Task statement |
Beneath this task are records; print exactly the stretch of them from the line with "pub is_completed_lem : (t" through the line with "-- ===== src/Auth/Buckets.antt", both ends included.

Data section |
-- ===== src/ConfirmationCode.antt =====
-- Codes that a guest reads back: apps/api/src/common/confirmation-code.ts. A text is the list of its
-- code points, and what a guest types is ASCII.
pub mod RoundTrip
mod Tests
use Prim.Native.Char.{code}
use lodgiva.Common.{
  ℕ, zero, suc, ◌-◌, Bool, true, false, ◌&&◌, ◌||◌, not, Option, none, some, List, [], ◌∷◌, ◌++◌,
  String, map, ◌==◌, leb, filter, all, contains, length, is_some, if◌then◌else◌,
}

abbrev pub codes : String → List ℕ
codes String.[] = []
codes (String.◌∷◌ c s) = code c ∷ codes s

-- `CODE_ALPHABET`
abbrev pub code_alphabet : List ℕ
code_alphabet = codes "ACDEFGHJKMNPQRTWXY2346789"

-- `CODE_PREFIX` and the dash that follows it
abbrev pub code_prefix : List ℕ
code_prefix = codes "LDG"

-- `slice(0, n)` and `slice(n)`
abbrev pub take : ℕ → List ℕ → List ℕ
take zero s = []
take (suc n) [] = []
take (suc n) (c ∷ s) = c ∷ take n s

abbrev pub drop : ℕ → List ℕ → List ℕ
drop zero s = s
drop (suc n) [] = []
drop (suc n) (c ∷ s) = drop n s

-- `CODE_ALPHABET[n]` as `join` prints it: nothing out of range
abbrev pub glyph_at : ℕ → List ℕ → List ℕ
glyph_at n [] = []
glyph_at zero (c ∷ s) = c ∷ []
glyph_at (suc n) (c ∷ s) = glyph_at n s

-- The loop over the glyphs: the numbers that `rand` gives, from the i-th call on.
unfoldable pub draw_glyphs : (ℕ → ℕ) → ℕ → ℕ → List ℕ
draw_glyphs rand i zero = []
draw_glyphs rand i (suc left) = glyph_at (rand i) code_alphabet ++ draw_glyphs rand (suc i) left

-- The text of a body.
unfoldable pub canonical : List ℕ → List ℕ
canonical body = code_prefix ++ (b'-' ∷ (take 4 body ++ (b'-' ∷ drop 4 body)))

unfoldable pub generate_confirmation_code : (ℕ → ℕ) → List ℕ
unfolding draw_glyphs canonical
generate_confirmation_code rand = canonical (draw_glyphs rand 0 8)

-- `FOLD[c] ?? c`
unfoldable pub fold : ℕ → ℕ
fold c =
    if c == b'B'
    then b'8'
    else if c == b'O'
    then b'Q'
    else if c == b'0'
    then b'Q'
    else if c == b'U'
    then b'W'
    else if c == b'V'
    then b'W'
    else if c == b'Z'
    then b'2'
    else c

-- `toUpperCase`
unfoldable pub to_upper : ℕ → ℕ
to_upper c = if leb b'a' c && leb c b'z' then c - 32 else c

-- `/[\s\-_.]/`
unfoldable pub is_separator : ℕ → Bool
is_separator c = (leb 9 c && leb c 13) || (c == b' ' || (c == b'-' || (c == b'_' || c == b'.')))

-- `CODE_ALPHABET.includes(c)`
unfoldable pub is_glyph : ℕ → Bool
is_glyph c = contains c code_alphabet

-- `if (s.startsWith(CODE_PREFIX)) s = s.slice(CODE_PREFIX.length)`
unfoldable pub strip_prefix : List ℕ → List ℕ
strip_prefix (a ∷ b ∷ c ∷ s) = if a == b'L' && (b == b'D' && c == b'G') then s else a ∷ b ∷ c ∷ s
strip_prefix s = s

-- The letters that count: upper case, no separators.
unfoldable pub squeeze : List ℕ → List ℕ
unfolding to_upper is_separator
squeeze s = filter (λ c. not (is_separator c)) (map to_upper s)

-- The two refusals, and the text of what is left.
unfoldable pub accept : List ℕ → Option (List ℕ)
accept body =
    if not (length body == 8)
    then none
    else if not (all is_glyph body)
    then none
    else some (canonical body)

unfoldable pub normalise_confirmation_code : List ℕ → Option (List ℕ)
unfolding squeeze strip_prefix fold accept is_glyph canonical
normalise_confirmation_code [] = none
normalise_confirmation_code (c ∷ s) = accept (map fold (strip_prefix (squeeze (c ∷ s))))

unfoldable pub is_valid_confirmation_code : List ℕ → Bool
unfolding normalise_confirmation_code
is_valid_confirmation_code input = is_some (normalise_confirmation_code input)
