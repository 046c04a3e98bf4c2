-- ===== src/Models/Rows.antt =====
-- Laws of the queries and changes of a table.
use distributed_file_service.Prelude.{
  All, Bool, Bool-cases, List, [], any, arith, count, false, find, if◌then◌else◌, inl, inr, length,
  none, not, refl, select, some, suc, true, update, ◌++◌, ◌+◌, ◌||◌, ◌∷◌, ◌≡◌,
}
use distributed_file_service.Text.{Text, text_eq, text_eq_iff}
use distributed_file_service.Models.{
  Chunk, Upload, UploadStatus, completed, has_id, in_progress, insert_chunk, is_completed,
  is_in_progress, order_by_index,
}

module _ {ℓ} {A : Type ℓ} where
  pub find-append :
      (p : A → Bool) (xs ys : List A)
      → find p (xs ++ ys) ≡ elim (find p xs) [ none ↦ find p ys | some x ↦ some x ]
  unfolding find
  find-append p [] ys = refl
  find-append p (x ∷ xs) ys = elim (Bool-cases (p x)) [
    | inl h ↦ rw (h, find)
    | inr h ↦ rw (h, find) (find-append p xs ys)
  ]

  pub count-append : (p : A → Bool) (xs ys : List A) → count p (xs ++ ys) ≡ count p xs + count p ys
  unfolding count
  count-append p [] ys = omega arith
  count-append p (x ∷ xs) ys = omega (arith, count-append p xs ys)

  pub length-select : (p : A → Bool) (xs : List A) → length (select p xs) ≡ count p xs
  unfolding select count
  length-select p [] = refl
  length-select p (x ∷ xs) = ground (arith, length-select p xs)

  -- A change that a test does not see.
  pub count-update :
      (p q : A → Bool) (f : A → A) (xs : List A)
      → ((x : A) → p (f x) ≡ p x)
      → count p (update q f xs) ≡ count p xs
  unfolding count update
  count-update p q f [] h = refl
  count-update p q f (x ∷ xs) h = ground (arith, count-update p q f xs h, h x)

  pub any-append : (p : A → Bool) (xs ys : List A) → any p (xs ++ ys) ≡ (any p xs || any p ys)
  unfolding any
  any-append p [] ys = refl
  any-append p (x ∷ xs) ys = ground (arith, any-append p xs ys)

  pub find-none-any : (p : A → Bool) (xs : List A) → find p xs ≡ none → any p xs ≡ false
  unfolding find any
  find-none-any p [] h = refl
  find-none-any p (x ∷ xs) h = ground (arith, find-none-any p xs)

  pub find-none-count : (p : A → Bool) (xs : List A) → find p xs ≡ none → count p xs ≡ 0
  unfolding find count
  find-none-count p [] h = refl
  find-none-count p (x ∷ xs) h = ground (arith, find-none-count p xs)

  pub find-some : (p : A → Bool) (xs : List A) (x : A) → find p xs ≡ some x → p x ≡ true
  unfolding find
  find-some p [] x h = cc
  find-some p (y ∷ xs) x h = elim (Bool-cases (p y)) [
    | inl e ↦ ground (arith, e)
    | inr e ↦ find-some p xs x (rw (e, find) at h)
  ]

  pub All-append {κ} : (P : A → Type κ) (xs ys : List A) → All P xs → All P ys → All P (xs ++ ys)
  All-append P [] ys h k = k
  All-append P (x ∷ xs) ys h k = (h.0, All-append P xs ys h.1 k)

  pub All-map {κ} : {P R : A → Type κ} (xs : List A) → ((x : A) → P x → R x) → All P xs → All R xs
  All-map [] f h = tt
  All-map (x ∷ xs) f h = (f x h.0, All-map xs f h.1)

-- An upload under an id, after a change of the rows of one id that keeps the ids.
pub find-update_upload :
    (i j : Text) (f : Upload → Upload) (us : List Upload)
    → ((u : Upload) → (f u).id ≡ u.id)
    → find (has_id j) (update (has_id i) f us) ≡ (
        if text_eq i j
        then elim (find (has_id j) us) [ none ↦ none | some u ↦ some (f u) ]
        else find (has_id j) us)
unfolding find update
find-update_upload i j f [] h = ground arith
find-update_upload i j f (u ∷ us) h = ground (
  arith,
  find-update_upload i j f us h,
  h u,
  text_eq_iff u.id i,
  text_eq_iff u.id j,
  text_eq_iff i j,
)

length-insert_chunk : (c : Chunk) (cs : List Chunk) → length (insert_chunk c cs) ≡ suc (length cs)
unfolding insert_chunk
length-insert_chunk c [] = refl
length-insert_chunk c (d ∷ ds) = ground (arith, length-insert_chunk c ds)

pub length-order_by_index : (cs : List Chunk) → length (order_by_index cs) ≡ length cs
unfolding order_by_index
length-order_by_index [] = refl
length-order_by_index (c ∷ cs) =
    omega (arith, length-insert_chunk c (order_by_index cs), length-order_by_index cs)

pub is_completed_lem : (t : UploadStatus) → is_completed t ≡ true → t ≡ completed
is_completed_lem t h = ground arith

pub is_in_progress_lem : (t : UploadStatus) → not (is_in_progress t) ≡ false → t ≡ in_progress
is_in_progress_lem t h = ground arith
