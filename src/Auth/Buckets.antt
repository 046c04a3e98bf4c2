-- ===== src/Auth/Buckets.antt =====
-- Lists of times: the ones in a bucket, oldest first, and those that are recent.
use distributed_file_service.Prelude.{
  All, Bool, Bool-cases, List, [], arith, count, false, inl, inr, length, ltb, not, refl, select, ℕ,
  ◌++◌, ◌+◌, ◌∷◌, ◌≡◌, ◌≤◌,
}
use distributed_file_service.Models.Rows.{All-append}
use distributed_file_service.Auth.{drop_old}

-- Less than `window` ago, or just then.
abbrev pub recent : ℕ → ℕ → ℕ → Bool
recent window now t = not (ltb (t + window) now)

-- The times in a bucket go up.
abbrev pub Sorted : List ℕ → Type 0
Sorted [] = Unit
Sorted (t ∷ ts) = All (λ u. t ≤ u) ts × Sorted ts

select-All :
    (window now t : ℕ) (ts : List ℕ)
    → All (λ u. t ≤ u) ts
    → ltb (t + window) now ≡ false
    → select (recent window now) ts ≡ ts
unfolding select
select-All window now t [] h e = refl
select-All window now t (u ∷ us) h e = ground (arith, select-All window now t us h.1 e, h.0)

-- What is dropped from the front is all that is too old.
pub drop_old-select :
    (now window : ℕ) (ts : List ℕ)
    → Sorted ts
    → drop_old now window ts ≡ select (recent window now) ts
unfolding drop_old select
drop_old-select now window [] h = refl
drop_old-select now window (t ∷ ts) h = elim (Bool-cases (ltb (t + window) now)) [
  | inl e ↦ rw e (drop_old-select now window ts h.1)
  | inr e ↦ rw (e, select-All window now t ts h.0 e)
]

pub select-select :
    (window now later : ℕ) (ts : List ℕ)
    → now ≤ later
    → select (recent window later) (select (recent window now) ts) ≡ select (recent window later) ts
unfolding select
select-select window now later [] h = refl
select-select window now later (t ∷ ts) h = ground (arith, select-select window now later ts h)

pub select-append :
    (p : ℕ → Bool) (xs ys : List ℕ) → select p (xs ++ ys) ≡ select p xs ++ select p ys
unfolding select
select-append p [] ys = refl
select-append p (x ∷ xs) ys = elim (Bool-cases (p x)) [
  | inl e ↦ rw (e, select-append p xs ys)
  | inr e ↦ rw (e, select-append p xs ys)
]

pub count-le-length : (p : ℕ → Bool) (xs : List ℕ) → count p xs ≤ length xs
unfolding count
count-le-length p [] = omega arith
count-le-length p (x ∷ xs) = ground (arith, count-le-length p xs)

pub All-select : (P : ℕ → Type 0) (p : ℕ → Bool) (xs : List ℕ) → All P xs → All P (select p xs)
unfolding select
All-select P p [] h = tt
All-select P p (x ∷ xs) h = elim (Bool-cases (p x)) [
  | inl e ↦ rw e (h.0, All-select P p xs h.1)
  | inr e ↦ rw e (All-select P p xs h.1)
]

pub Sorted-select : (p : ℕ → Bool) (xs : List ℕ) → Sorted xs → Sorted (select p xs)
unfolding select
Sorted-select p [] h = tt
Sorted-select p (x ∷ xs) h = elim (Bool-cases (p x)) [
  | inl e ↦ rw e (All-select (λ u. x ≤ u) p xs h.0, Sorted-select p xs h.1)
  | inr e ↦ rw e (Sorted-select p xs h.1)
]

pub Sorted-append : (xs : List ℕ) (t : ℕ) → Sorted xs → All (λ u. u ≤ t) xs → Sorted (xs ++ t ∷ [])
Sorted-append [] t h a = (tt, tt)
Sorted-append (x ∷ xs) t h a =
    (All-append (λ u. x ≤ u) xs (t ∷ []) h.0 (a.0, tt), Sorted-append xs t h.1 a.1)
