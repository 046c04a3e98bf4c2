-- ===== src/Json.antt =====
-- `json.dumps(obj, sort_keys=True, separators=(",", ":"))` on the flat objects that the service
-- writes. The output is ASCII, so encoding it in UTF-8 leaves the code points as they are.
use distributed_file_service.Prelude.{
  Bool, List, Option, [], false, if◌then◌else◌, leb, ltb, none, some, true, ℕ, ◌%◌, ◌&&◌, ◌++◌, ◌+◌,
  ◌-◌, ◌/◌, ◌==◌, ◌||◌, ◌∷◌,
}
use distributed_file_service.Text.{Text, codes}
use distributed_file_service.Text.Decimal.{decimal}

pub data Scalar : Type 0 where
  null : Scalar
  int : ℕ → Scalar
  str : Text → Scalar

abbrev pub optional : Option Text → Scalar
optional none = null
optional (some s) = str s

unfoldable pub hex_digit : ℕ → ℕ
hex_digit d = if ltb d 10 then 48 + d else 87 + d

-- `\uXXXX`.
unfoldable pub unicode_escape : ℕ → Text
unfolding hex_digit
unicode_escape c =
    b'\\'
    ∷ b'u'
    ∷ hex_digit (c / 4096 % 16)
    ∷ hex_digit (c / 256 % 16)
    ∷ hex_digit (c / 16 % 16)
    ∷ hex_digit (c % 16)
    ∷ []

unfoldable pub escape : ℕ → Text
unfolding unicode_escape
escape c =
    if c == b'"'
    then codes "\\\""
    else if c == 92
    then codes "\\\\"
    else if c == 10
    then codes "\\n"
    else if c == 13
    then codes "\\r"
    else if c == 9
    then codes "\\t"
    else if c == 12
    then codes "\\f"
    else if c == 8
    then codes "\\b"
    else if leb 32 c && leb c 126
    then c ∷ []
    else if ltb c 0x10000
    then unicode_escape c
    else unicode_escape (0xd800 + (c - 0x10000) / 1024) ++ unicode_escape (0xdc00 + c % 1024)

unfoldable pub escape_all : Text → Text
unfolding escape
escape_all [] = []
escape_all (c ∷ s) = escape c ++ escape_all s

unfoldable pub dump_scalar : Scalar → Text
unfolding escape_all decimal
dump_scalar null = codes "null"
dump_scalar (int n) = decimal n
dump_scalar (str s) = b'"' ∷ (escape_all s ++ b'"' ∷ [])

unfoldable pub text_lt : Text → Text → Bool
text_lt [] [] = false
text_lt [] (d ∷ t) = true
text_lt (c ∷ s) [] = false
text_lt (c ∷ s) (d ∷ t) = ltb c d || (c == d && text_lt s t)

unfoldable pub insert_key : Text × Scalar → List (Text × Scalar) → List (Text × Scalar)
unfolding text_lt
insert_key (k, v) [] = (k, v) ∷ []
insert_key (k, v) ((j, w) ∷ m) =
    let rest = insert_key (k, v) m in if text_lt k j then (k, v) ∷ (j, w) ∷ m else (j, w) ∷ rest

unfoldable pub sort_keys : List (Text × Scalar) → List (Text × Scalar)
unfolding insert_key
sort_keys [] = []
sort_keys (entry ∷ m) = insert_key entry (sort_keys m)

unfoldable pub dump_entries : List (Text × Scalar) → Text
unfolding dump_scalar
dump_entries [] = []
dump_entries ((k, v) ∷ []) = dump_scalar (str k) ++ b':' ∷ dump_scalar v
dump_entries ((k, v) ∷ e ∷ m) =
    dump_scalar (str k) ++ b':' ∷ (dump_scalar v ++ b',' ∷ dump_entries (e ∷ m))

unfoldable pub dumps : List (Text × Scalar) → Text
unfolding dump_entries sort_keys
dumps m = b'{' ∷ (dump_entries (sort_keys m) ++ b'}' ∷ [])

Written solution |
pub is_completed_lem : (t : UploadStatus) → is_completed t ≡ true → t ≡ completed
is_completed_lem t h = ground arith

pub is_in_progress_lem : (t : UploadStatus) → not (is_in_progress t) ≡ false → t ≡ in_progress
is_in_progress_lem t h = ground arith
filename src/Auth/Buckets.antt
repository 046c04a3e98bf4c2
-- ===== src/Auth/Buckets.antt =====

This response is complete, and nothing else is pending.